ByteDance Releases UNO: Extending Generation Capabilities from Less to More
ByteDance Creative Intelligence team recently released a universal image generation framework called UNO, which is built on the core concept of “Less-to-More Generalization” and unlocks greater controllability through in-context generation, achieving high-quality image generation from single to multiple subjects.
The UNO framework provides content creators with more flexible and powerful tools, enabling precise control in complex scenes while maintaining the characteristics of multiple objects, making AI-generated images more aligned with creators’ intentions.
Key Challenges Addressed
Traditional AI image generation models face two major challenges when handling scenes with multiple specific objects:
- Data Scalability Issue: Expanding from single-subject datasets to multi-subject datasets is particularly difficult, as high-quality, multi-angle, subject-consistent paired data is hard to acquire at scale
- Subject Extensibility Issue: Existing methods mainly focus on single-subject generation and struggle to adapt to the complex requirements of multi-subject scenarios
UNO resolves these issues through unique approaches, achieving more consistent and controllable image generation results.
Technical Principles Explained
UNO framework introduces two key technical innovations:
-
Progressive Cross-modal Alignment: A two-stage training strategy
- First Stage: Fine-tuning a pretrained T2I model using in-context generated single-subject data, transforming it into an S2I (Subject-to-Image) model
- Second Stage: Further training with generated multi-subject data pairs to enhance the model’s capability in handling complex scenes
-
Universal Rotary Position Embedding (UnoPE): A special position encoding technique that effectively resolves attribute confusion issues when extending visual subject control, enabling the model to accurately distinguish and maintain the characteristics of multiple subjects
High-Consistency Data Synthesis Pipeline
One of UNO’s major innovations is its high-consistency data synthesis pipeline:
- Leveraging the Inherent In-Context Generation Capabilities of Diffusion Transformers: Fully utilizing the potential of current diffusion models
- Generating High-Consistency Multi-Subject Paired Data: Ensuring training data quality and consistency through specific data generation strategies
- Iterative Training Process: Progressively evolving from text-to-image models to complex models handling multiple image conditions
This approach not only solves the challenge of data acquisition but also improves the quality and consistency of generation results.

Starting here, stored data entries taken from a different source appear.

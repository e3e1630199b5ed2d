-- ===== src/Vault/Race/Reading/Steps.antt =====
-- The invariant at each step of a goroutine.
use touchvault.Base.{
  ℕ, Bool, true, false, none, some, ◌∷◌, ◌≡◌, ◌≢◌, refl, arith, ap, ◌∙◌, sym, subst, Bool-cases,
  inl, inr, ◌==◌, ==_iff, if◌then◌else◌, update,
}
use touchvault.Errors.{Result}
use touchvault.Effects.Programs.{Prog, done, tick, run}
use touchvault.Platform.{Platform}
use touchvault.Threads.{Thread, idle, waits, runs, Log, System}
use touchvault.Threads.Inside.{IsLocking, IsInside}
use touchvault.Vault.Session.{Machine, lock}
use touchvault.Vault.Shared.{Shared}
use touchvault.Vault.Goroutines.{Request, Reply, respond, program}
use touchvault.Vault.Goroutines.Alone.{run-program}
use touchvault.Vault.Goroutines.Reading.{is_quiet, is_lock, state_at, respond_quiet}
use touchvault.Vault.Race.{data_key_of, machine_of, put_back, in_session, mutex, method}
use touchvault.Vault.Race.Quiet.{Keeps, program-Keeps}
use touchvault.Vault.Race.Reading.{was_locked_in}
use touchvault.Vault.Race.Reading.Invariant.{
  key_at, IsReading, OnThread, same_machine, data_key_of-put_back, data_key_of-other,
}

key_at-state_at :
    (P : Platform) (st : Shared P) (n : ℕ) (b : Bool)
    → (state_at P (machine_of P n st) b).session.data_key ≡ key_at P st n b
unfolding lock
key_at-state_at P st n true = refl
key_at-state_at P st n false = refl

-- What holds of the new value, and of the old values elsewhere, holds of all values.
pub update-all :
    {B : Type 0} (Q : B → Type 0) (f : ℕ → B) (i : ℕ) (b : B)
    → Q b
    → ((j : ℕ) → j ≢ i → Q (f j))
    → (j : ℕ) → Q (update f i b j)
update-all Q f i b new old j = elim (Bool-cases (i == j)) [
  | inl same ↦ rw same new
  | inr differ ↦ rw differ (old j (λ e. ground (arith, ==_iff i j, e)))
]

module _ (P : Platform) (st : Shared P) (y : System (Shared P) (ℕ × Request P) Reply)
    (l : IsLocking (mutex P) y) (v : IsReading P st y) (i n : ℕ) (q : Request P) where
  -- A goroutine locks the mutex of its session.
  pub waits-IsReading :
      y.thread i ≡ waits (n, q)
      → y.holder n ≡ none
      → IsReading P st (record y {
        holder = update y.holder n (some i);
        thread = update y.thread i (runs (n, q) (method P (n, q)));
      })
  waits-IsReading e free =
      let quiet : is_quiet q ≡ true =
        subst (λ (t : Thread (Shared P) (ℕ × Request P) Reply). OnThread P st y.shared y.log t) e
          (v.threads i) in
      record {
        doc = v.doc;
        opts = v.opts;
        world = v.world;
        keys = λ k h. v.keys k (ground (arith));
        threads =
            update-all (OnThread P st y.shared y.log) y.thread i (runs (n, q) (method P (n, q)))
              (record {
                rest = program P q;
                here = refl;
                keeps = program-Keeps P q quiet;
                quiet = quiet;
                gives =
                    run-program P q (machine_of P n y.shared)
                    ∙ ap (respond P q) (
                        same_machine P st n (was_locked_in n y.log) y.shared v.doc v.opts v.world
                          (v.keys n free));
              })
              (λ j ne. v.threads j);
        answered = v.answered;
      }

module _ (P : Platform) (st : Shared P) (y : System (Shared P) (ℕ × Request P) Reply)
    (l : IsLocking (mutex P) y) (v : IsReading P st y) (i n : ℕ) (q : Request P)
    (holds : y.holder n ≡ some i) (t : Shared P) (log : Log (ℕ × Request P) Reply)
    (same_m : (k : ℕ) → k ≢ n → machine_of P k t ≡ machine_of P k y.shared)
    (same_l : (k : ℕ) → k ≢ n → was_locked_in k log ≡ was_locked_in k y.log) where
  elsewhere :
      (x : Thread (Shared P) (ℕ × Request P) Reply)
      → OnThread P st y.shared y.log x
      → ((k : ℕ) → IsInside (mutex P) x k → k ≢ n)
      → OnThread P st t log x
  elsewhere idle h away = tt
  elsewhere (waits (k, r)) h away = h
  elsewhere (runs (k, r) p) h away =
      let ne = away k refl in
      record {
        rest = h.rest;
        here = h.here;
        keeps = h.keeps;
        quiet = h.quiet;
        gives =
            ap (run h.rest) (same_m k ne)
            ∙ h.gives
            ∙ ap (λ (b : Bool). respond P r (state_at P (machine_of P k st) b)) (sym (same_l k ne));
      }

  -- A goroutine that is in no call of a session that another goroutine has locked.
  other_thread : (j : ℕ) → j ≢ i → OnThread P st t log (y.thread j)
  other_thread j ne =
      elsewhere (y.thread j) (v.threads j)
        (λ k inside same. ground (arith, l.inside j k inside, same, ne))

module _ (P : Platform) (st : Shared P) (y : System (Shared P) (ℕ × Request P) Reply)
    (l : IsLocking (mutex P) y) (v : IsReading P st y) (i n : ℕ) (q : Request P)
    (holds : y.holder n ≡ some i) where
  -- A step of a method.
  pub tick-IsReading :
      (f : Machine P → Machine P) (k : Machine P → Prog (Machine P) Reply)
      → Keeps (tick f k)
      → is_quiet q ≡ true
      → run (tick f k) (machine_of P n y.shared)
        ≡ respond P q (state_at P (machine_of P n st) (was_locked_in n y.log))
      → IsReading P st (record y {
        shared = put_back P n (f (machine_of P n y.shared)) y.shared;
        thread = update y.thread i (runs (n, q) (in_session P n (k (machine_of P n y.shared))));
      })
  unfolding Keeps run
  tick-IsReading f k (kept, rest) quiet gives =
      let m = machine_of P n y.shared in
      let t = put_back P n (f m) y.shared in
      let w = kept m in
      let key = data_key_of-put_back P n (f m) y.shared w.dropped in
      let mine : machine_of P n t ≡ f m = cc (key, w.opts) in
      let others = λ (j : ℕ) (ne : j ≢ n). data_key_of-other P n j (f m) y.shared ne in
      record {
        doc = w.doc ∙ v.doc;
        opts = v.opts;
        world = w.world ∙ v.world;
        keys = λ j free. others j (λ e. ground (arith, e, holds, free)) ∙ v.keys j free;
        threads =
            update-all (OnThread P st t y.log) y.thread i (runs (n, q) (in_session P n (k m)))
              (record {
                rest = k m;
                here = refl;
                keeps = rest m;
                quiet = quiet;
                gives = ap (run (k m)) mine ∙ gives;
              })
              (other_thread P st y l v i n q holds t y.log
                (λ j ne. cc (others j ne, w.doc, w.world)) (λ j ne. refl));
        answered = v.answered;
      }

  -- The return of a method.
  pub done-IsReading :
      (r : Result Reply)
      → is_quiet q ≡ true
      → run (done r) (machine_of P n y.shared)
        ≡ respond P q (state_at P (machine_of P n st) (was_locked_in n y.log))
      → IsReading P st (record y {
        holder = update y.holder n none;
        thread = update y.thread i idle;
        log = (i, (n, q), r) ∷ y.log;
      })
  unfolding run
  done-IsReading r quiet gives =
      let b = was_locked_in n y.log in
      let all = gives ∙ respond_quiet P (machine_of P n st) q b quiet in
      let at_n : data_key_of P n y.shared ≡ key_at P st n (if is_lock q then true else b) =
        ap (λ (x : Result Reply × Machine P). x.1.session.data_key) all
        ∙ key_at-state_at P st n (if is_lock q then true else b) in
      let log' : Log (ℕ × Request P) Reply = (i, (n, q), r) ∷ y.log in
      record {
        doc = v.doc;
        opts = v.opts;
        world = v.world;
        keys = λ k free. elim (Bool-cases (n == k)) [
          | inl same ↦ rw same (
              subst
                (λ (j : ℕ).
                  data_key_of P j y.shared
                  ≡ key_at P st j (if is_lock q then true else was_locked_in j y.log))
                ((==_iff n k).0 same) at_n)
          | inr differ ↦ rw differ (v.keys k (ground (arith, differ)))
        ];
        threads = update-all (OnThread P st y.shared log') y.thread i idle tt (
            other_thread P st y l v i n q holds y.shared log' (λ j ne. refl)
              (λ j ne. ground (arith, ne, ==_iff n j)));
        answered = (ap (λ (x : Result Reply × Machine P). x.0) all, v.answered);
      }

Practical Application Scenarios
The UNO model demonstrates diverse practical capabilities, applicable to:
- Multi-Subject Customized Generation: Placing multiple specific objects in the same scene while maintaining their individual characteristics
- Virtual Try-On and Product Display: Showcasing specific products or services in different environments
- Brand Customized Content: Integrating brand elements into various scenes while maintaining brand consistency
- Creative Design and Content Production: Providing designers and content creators with richer creative possibilities
Generalization Capabilities
The UNO model demonstrates powerful generalization capabilities, unifying various tasks:
- Single-Subject to Multi-Subject Transfer: Expanding from simple scenes to complex scenarios
- Adaptation to Different Styles: Adapting to different style requirements while maintaining subject characteristics
- Integration of Multiple Creative Tasks: One model handling tasks that previously required multiple specialized models
Online Experience
You can personally experience UNO’s powerful capabilities through the following interface:
Technical Parameters and Open Source Information
The UNO model is developed based on FLUX.1 and open-sourced by the ByteDance team, including training code, inference code, and model weights.
The project is available on GitHub, allowing researchers and developers to freely access and use the technology. The project code follows the Apache 2.0 license, while the model weights are released under the CC BY-NC 4.0 license. It’s worth noting that any models related to the FLUX.1-dev base model must comply with the original license terms.